62.17 Virtual Reality Simulation for Residents: A Trainee Experience in Damage Control Endovascular Skills

W. Teeter1, M. L. Brenner1,2, M. R. Hoehn2, D. S. Stein1, T. Scalea1 1University Of Maryland,Division Of Trauma And Critical Care,Baltimore, MD, USA 2University Of Maryland,Division Of Vascular Surgery,Baltimore, MD, USA

BACKGROUND: The use of catheter-based techniques is increasing in the field of trauma. Virtual reality simulation (VRS) is a well-established means of endovascular skills training, and other simulation skills are now mandatory for board-eligibility in general surgery. Training for emerging endovascular damage control skills in trauma, including resuscitative endovascular balloon occlusion of the aorta (REBOA), may be obtained by residents through VRS.

Methods: Fifteen trainees in either an ACGME-approved General Surgery or Surgical Critical Care Fellowship at one institution received didactic and instructional sessions on REBOA. The subjects performed the procedure 6 times. Subjects were excluded if they had taken a similar endovascular training course, had post-graduate training in endovascular surgery, or had performed the procedure in the clinical setting. Performance metrics were measured on a Likert scale, and included procedural time; accurate placement of guide wire, sheath, and balloon; correct sequence of steps; economy of motion; and safe use of endovascular tools. A pre- and post-course test and questionnaire were completed by each subject.

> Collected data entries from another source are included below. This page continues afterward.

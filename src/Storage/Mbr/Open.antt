-- ===== src/Storage/Mbr/Open.antt =====
-- Which partition tables `MbrDevice::open` accepts.
use usbarmory_rust.Prelude.{
  ℕ, ◌+◌, ◌-◌, ◌≤◌, ◌<◌, ◌≡◌, ◌≢◌, ◌↔◌, refl, sym, subst, Option, some, none, List, [], ◌∷◌, arith,
  Bool-cases, ap, drop, false, inl, inr, ◌==◌,
}
use usbarmory_rust.Prelude.Outcome.{
  Outcome, ok, err, panic, ◌>>=◌, map_err, >>=-eq-ok, ok-injective,
}
use usbarmory_rust.Storage.Device.{Block, ManagedBlockDevice, block_size}
use usbarmory_rust.Storage.Table.{PartitionEntry, Layout}
use usbarmory_rust.Storage.Mbr.{
  MbrError, MbrDevice, invalid_magic, device, u32_max, refused, check_parts, open_entries,
  open_block, open_mbr, bytes_eq, table_bytes,
}

-- An allocated partition starts behind the MBR and ends before the last block of the device.
abbrev pub Fits : ℕ → PartitionEntry → Type 0
Fits total part =
    part.part_type ≢ 0
    → (0 < part.start_lba)
      × (part.start_lba + part.num_sectors < total)
      × (part.start_lba + part.num_sectors ≤ u32_max)

abbrev pub AllFit : ℕ → List PartitionEntry → Type 0
AllFit total [] = Unit {0}
AllFit total (p ∷ ps) = Fits total p × AllFit total ps

-- The loop's tests together.
pub refused_iff :
    (total : ℕ) (p : PartitionEntry)
    → (refused total p ≡ false) ↔ (
        (0 < p.start_lba)
        × (p.start_lba + p.num_sectors < total)
        × (p.start_lba + p.num_sectors ≤ u32_max))
refused_iff total p = ground arith

pub check_parts_sound :
    {E : Type 0} (total : ℕ) (ps : List PartitionEntry)
    → check_parts {E = E} total ps ≡ ok tt
    → AllFit total ps
unfolding check_parts
check_parts_sound {E} total [] h = tt
check_parts_sound {E} total (p ∷ ps) h = elim (Bool-cases (p.part_type == 0)) [
  | inl free ↦ (λ ne. absurd (ground arith), check_parts_sound {E = E} total ps (ground (arith, h)))
  | inr taken ↦ (
    λ ne. (refused_iff total p).0 (ground (arith, h)),
    check_parts_sound {E = E} total ps (ground (arith, h)),
  )
]

pub check_parts_complete :
    {E : Type 0} (total : ℕ) (ps : List PartitionEntry)
    → AllFit total ps
    → check_parts {E = E} total ps ≡ ok tt
unfolding check_parts
check_parts_complete total [] h = refl
check_parts_complete {E} total (p ∷ ps) h =
    ground (arith, refused_iff total p, h.0, check_parts_complete {E = E} total ps h.1)

module _ {D E : Type 0} (dev : ManagedBlockDevice D E) (layout : Layout) where
  entries_sound :
      (raw : D) (parts : Option (List PartitionEntry)) {m : MbrDevice D}
      → open_entries dev layout raw parts ≡ ok m
      → (m.raw ≡ raw) × AllFit (dev.total_blocks raw) m.part_table
  unfolding open_entries
  entries_sound raw none h = cc
  entries_sound raw (some parts) {m} h =
      let (u, checked, e) =
        >>=-eq-ok (check_parts (dev.total_blocks raw) parts)
          (λ _. ok (record { raw = raw; part_table = parts })) h in
      (
        ap (λ d. d.raw) (sym (ok-injective e)),
        subst (λ d. AllFit (dev.total_blocks raw) d.part_table) (ok-injective e)
            (check_parts_sound {E = E} (dev.total_blocks raw) parts checked),
      )

  -- What `open` accepts has its allocated partitions inside the device, and behind the MBR.
  pub open_mbr_sound :
      (raw : D) {m : MbrDevice D}
      → open_mbr dev layout raw ≡ ok m
      → (m.raw ≡ raw) × AllFit (dev.total_blocks raw) m.part_table
  unfolding open_mbr open_block
  open_mbr_sound raw {m} h = go (dev.read raw 0) h
    where
      go :
          (r : Outcome E Block)
          → (map_err device r >>= λ mbr. open_block dev layout raw mbr) ≡ ok m
          → (m.raw ≡ raw) × AllFit (dev.total_blocks raw) m.part_table
      go (ok mbr) e =
          elim (Bool-cases (bytes_eq (drop (block_size - 2) mbr.bytes) (0x55 ∷ 0xAA ∷ []))) [
            | inl good ↦ entries_sound raw (layout.new_slice (table_bytes mbr.bytes)) (rw good at e)
            | inr bad ↦ absurd (
                let f : ◌≡◌ {A = Outcome (MbrError E) (MbrDevice D)} (err invalid_magic) (ok m) =
                  rw bad at e in
                cc)
          ]
      go (err x) e = cc
      go panic e = cc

Results: Fifteen subjects, with a mean PGY level of 4.9 years (SD±0.95) participated in the study. Significant improvements in knowledge (p < 0.0001, CI 95%), as assessed by a standardized exam, were observed at the completion of the course. Procedural task times significantly improved from a mean of 207 seconds (SD ± 19.9) to 107 seconds (SD ± 20.6)[(p < 0.0001, CI 95%] (Fig 1). No correlation was observed with endovascular experience in residency, number of endoluminal catheters placed per week, or other parameters. All trainees strongly agreed that the course was beneficial, and the majority would recommend this training to other trainees.

Conclusion: Damage control endovascular skills can be effectively acquired using VRS. Significant improvements in procedural time and knowledge can be achieved regardless of previous endovascular experience or area of training. Novice interventionalists such as surgical trainees can add a specific skill set (REBOA) to their existing core competencies. Use of this procedure in the clinical setting will determine if VRS for REBOA training confers validation metrics such as transfer of skills.